映画『踊る大捜査線 N.E.W.』2026年公開
「踊る大捜査線」最新作の映画『踊る大捜査線 N.E.W.』が2026年に公開される。公式から3時間限定で特別映像が公開され、織田裕二演じる青島俊作が帰ってくることが予告されている。「踊る大捜査線」シリーズでは2024年10月に『室井慎次 敗れざる者』が劇場公開され、12年ぶりにシリーズが復活。11月には『室井慎次 生き続ける者』が公開されると共に、「踊るレジェンド」が継続されることが告知されていた。
◤ ̄ ̄ ̄ ̄ ̄ ̄ ̄ ̄ ̄ ̄ ̄
#踊る大捜査線 N.E.W.
2026年公開
https://t.co/RB7qW8Eh94🚨3時間限定公開!見逃すな!🚨
___________◢ pic.twitter.com/TPsOqdYtr0
— 『室井慎次 敗れざる者』『室井慎次 生き続ける者』公式 (@odoru_movief) December 4, 2024
今回、新作がスピンオフではなく、『踊る大捜査線 THE FINAL 新たなる希望』(2012) 以来となる「踊る大捜査線」を冠した作品となることが明らかになった。『踊る大捜査線 N.E.W.』の「N.E.W.」は「NEXT.」「EVOLUTION.」「WORLD.」を意味しているようだが、その内容は一体どのようなものになるのだろうか。
今回は、現在劇場で公開中の『室井慎次 生き続ける者』の内容を踏まえて、『踊る大捜査線 N.E.W.』の内容を予想&考察してみよう。
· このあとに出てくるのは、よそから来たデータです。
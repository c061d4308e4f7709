-- ===== src/Relation/Refines/Moving.antt =====
-- RL_NewRelation, RL_MoveToFirst, RL_CursorIsValid, RL_GetKey, RL_GetRecord and RL_MoveToNext refine
-- a position in the sorted list of records.
use deep_spec_db.Base.{
  ℕ, ◌+◌, ◌≤◌, ◌<◌, ◌≡◌, refl, ap, ◌∙◌, Bool, true, false, none, some, [], arith, length, get_elem?,
  ltb, ◌==◌, if◌then◌else◌, Bool-cases, lt→ltb, ltb-eq-false, inl, inr, ◌>>=◌, ==-ne, get_elem?-lt,
  ltb→lt, ltb-le, ==-eq-false,
}
use deep_spec_db.Relation.{Node, Ancestors, Relation, create_new_node, num_keys}
use deep_spec_db.Relation.Moves.{leaf_at, move_to_next, move_to_first}
use deep_spec_db.Relation.Contents.{contents, to_list}
use deep_spec_db.Relation.Api.{
  new_relation, new_cursor, cursor_is_valid, rl_move_to_first, cursor_next, settle, get_entry,
  get_key, get_record, rl_move_to_next,
}
use deep_spec_db.Relation.Position.{IsOn}
use deep_spec_db.Relation.Position.Leaf.{
  leaf_at-Valid, leaf_at-get_elem?, IsOn-not_end, not_end-IsOn,
}
use deep_spec_db.Relation.Position.Next.{
  Next, move_to_first-IsAt, move_to_next-Next, move_to_next_end,
}
use deep_spec_db.Relation.Refines.{IsRelation, At, cursor}

-- A new relation is well formed and holds no record.
pub new_relation-IsRelation {ℓ} :
    {V : Type ℓ} → IsRelation (new_relation {V = V}) × (contents (new_relation {V = V}) ≡ [])
unfolding new_relation create_new_node contents to_list
new_relation-IsRelation =
    (record { ordered = (omega arith, refl, refl); sized = omega arith; counted = refl }, refl)

module _ {ℓ} {V : Type ℓ} (r : Relation V) (ok : IsRelation r) where
  -- For any cursor of a well-formed relation, RL_MoveToFirst puts it before every record and
  -- returns whether there is one.
  pub rl_move_to_first-At :
      (q : Ancestors r.depth)
      → (p : Ancestors r.depth) × (rl_move_to_first (cursor r q)
          ≡ some (ltb 0 (length (contents r)), cursor r p))
        × At r p 0
  unfolding rl_move_to_first new_cursor cursor_is_valid contents
  rl_move_to_first-At q =
      let p = move_to_first V r.depth r.root in
      let at = move_to_first-IsAt V r.depth r.root in
      let (leaf, i, found, _, valid) =
        leaf_at-Valid V r.depth r.root p 0 0 0 true _ true ok.ordered ok.sized at in
      (p, rw (found, ◌>>=◌, valid), at)

  module _ (p : Ancestors r.depth) (k : ℕ) (at : At r p k) where
    -- For a cursor of a well-formed relation, RL_CursorIsValid returns whether there are more
    -- records than the ones before the cursor.
    pub cursor_is_valid_lem : cursor_is_valid (cursor r p) ≡ some (ltb k (length (contents r)))
    unfolding cursor_is_valid contents
    cursor_is_valid_lem =
        let (leaf, i, found, _, valid) =
          leaf_at-Valid V r.depth r.root p k 0 0 true _ true ok.ordered ok.sized at in
        rw (found, ◌>>=◌, valid)

    Next-step :
        k < length (contents r)
        → (leaf : Node V 0) × (x : ℕ) × (leaf_at V r.depth r.root p ≡ some (leaf, x))
          × (p' : Ancestors r.depth) × (move_to_next V r.depth r.root p ≡ some p')
          × Next V r.depth r.root k (x == num_keys leaf) p'
    unfolding contents
    Next-step lt = move_to_next-Next V r.depth r.root p k 0 0 _ true ok.ordered ok.sized at lt

    -- Before a record, the cursor settles on the entry of the record.
    pub settle-IsOn :
        k < length (contents r)
        → (p' : Ancestors r.depth) × (settle (cursor r p) ≡ some (cursor r p'))
          × At r p' k
          × IsOn V r.depth r.root p'
    unfolding settle cursor_next
    settle-IsOn lt =
        let (leaf, x, found, p', run, next) = Next-step lt in
        elim (Bool-cases (x == num_keys leaf)) [
          | inl end ↦
              let landed : Next V r.depth r.root k true p' = rw end at next in
              (p', rw (found, ◌>>=◌, end, run), landed.0, landed.1)
          | inr on ↦ (
            p,
            rw (found, ◌>>=◌, on),
            at,
            not_end-IsOn V r.depth r.root p k at leaf x found (==-ne x (num_keys leaf) on),
          )
        ]

    -- From a cursor of a well-formed relation with k records before it and more to come, RL_GetKey
    -- and RL_GetRecord return the key and the record of record number k, and the cursor has k
    -- records before it again.
    pub get_entry-At :
        k < length (contents r)
        → (e : ℕ × V) × (p' : Ancestors r.depth) × (get_elem? (contents r) k ≡ some e)
          × (get_key (cursor r p) ≡ some (e.0, cursor r p'))
          × (get_record (cursor r p) ≡ some (e.1, cursor r p'))
          × At r p' k
    unfolding get_key get_record get_entry
    get_entry-At lt =
        let (p', settled, at', on) = settle-IsOn lt in
        let (leaf, x, found, here) = leaf_at-get_elem? V r.depth r.root p' k at' on in
        let (e, at_e, _) = get_elem?-lt (contents r) k lt in
        let entry : get_elem? leaf.entries x ≡ some e = unfold contents in here ∙ at_e in
        let valid =
          cursor_is_valid_lem ∙ ap (λ (b : Bool). some b) (lt→ltb k (length (contents r)) lt) in
        (
          e,
          p',
          at_e,
          rw (valid, ◌>>=◌, settled, ◌>>=◌, found, ◌>>=◌, entry),
          rw (valid, ◌>>=◌, settled, ◌>>=◌, found, ◌>>=◌, entry),
          at',
        )

    -- After the last record both fail their `assert`.
    pub get_entry_end :
        length (contents r) ≤ k → (get_key (cursor r p) ≡ none) × (get_record (cursor r p) ≡ none)
    unfolding get_key get_record get_entry
    get_entry_end ge =
        let invalid =
          cursor_is_valid_lem
          ∙ ap (λ (b : Bool). some b) (ltb-eq-false k (length (contents r)) ge) in
        (rw invalid, rw invalid)

  step_on :
      (p : Ancestors r.depth) (k : ℕ) (at : At r p k)
      → IsOn V r.depth r.root p
      → k < length (contents r)
      → (p' : Ancestors r.depth) × (cursor_next (cursor r p) ≡ some (cursor r p')) × At r p' (k + 1)
  unfolding cursor_next
  step_on p k at on lt =
      let (leaf, x, found, p', run, next) = Next-step p k at lt in
      let inner = IsOn-not_end V r.depth r.root p on leaf x found in
      let stepped : Next V r.depth r.root k false p' =
        rw (==-eq-false x (num_keys leaf) (omega arith)) at next in
      (p', rw run, stepped.0)

  forward :
      (p : Ancestors r.depth) (k : ℕ) (at : At r p k)
      → k < length (contents r)
      → (p' : Ancestors r.depth) × (rl_move_to_next (cursor r p) ≡ some (cursor r p'))
        × At r p' (k + 1)
  unfolding rl_move_to_next
  forward p k at lt =
      let (mid, settled, at', on) = settle-IsOn p k at lt in
      let (p', run, next) = step_on mid k at' on lt in (p', rw (settled, ◌>>=◌) run, next)

  stay :
      (p : Ancestors r.depth) (k : ℕ) (at : At r p k)
      → length (contents r) ≤ k
      → rl_move_to_next (cursor r p) ≡ some (cursor r p)
  unfolding rl_move_to_next settle cursor_next contents
  stay p k at ge =
      let (leaf, x, found, _, valid) =
        leaf_at-Valid V r.depth r.root p k 0 0 true _ true ok.ordered ok.sized at in
      let still = move_to_next_end V r.depth r.root p k 0 0 _ true ok.ordered ok.sized at ge in
      elim (Bool-cases (x == num_keys leaf)) [
        | inl end ↦ rw (found, ◌>>=◌, end, still, ◌>>=◌, still)
        | inr on ↦ rw (found, ◌>>=◌, on, ◌>>=◌, still)
      ]

  -- From a cursor of a well-formed relation with k records before it, RL_MoveToNext returns a
  -- cursor with one more before it, or with k again if there are no more.
  pub rl_move_to_next-At :
      (p : Ancestors r.depth) (k : ℕ) (at : At r p k)
      → (p' : Ancestors r.depth) × (rl_move_to_next (cursor r p) ≡ some (cursor r p'))
        × At r p' (if ltb k (length (contents r)) then k + 1 else k)
  rl_move_to_next-At p k at = elim (Bool-cases (ltb k (length (contents r)))) [
    | inl more ↦ rw more (forward p k at (ltb→lt _ _ more))
    | inr none_left ↦ rw none_left (p, stay p k at (ltb-le _ _ none_left), at)
  ]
以下の内容は『生き続ける者』のネタバレを含むため、必ず同作を劇場で観てから読むようにしていただきたい。
以下の内容は、映画『室井慎次 生き続ける者』の結末に関するネタバレを含みます。
Contents
考察&予想『踊る大捜査線 N.E.W.』はどうなる?
タイムラインは2026年?
まず、「踊る大捜査線」シリーズ全体の前提として、タイムラインがしっかりと定まっているということに注目したい。警察組織の中での昇格や降格、異動などの人事が重要な要素となるため、各キャラクターの履歴が明確に出るのが「踊る」の特徴だ。『室井慎次 敗れざる者』の公開に際しても室井慎次の履歴書が公開され話題になった。
チラシ裏面には#室井慎次 の履歴書が…
室井の歩みが、今明かされるー。#odoru #踊るプロジェクト #MUROISM pic.twitter.com/rnhpdEvzeD
— 『室井慎次 敗れざる者』『室井慎次 生き続ける者』公式 (@odoru_movief) July 23, 2024
そして、「踊る大捜査線」の映画シリーズは、青島と室井がコートを着る関係で秋から春が舞台になっていることが多いが、年については基本的に公開された年が劇中の舞台になっている。ということは、『踊る大捜査線 N.E.W.』は2026年が舞台になっている可能性が高い。今からおおよそ2年後、『生き続ける者』から2年ほど経った時期が舞台だと予想できる。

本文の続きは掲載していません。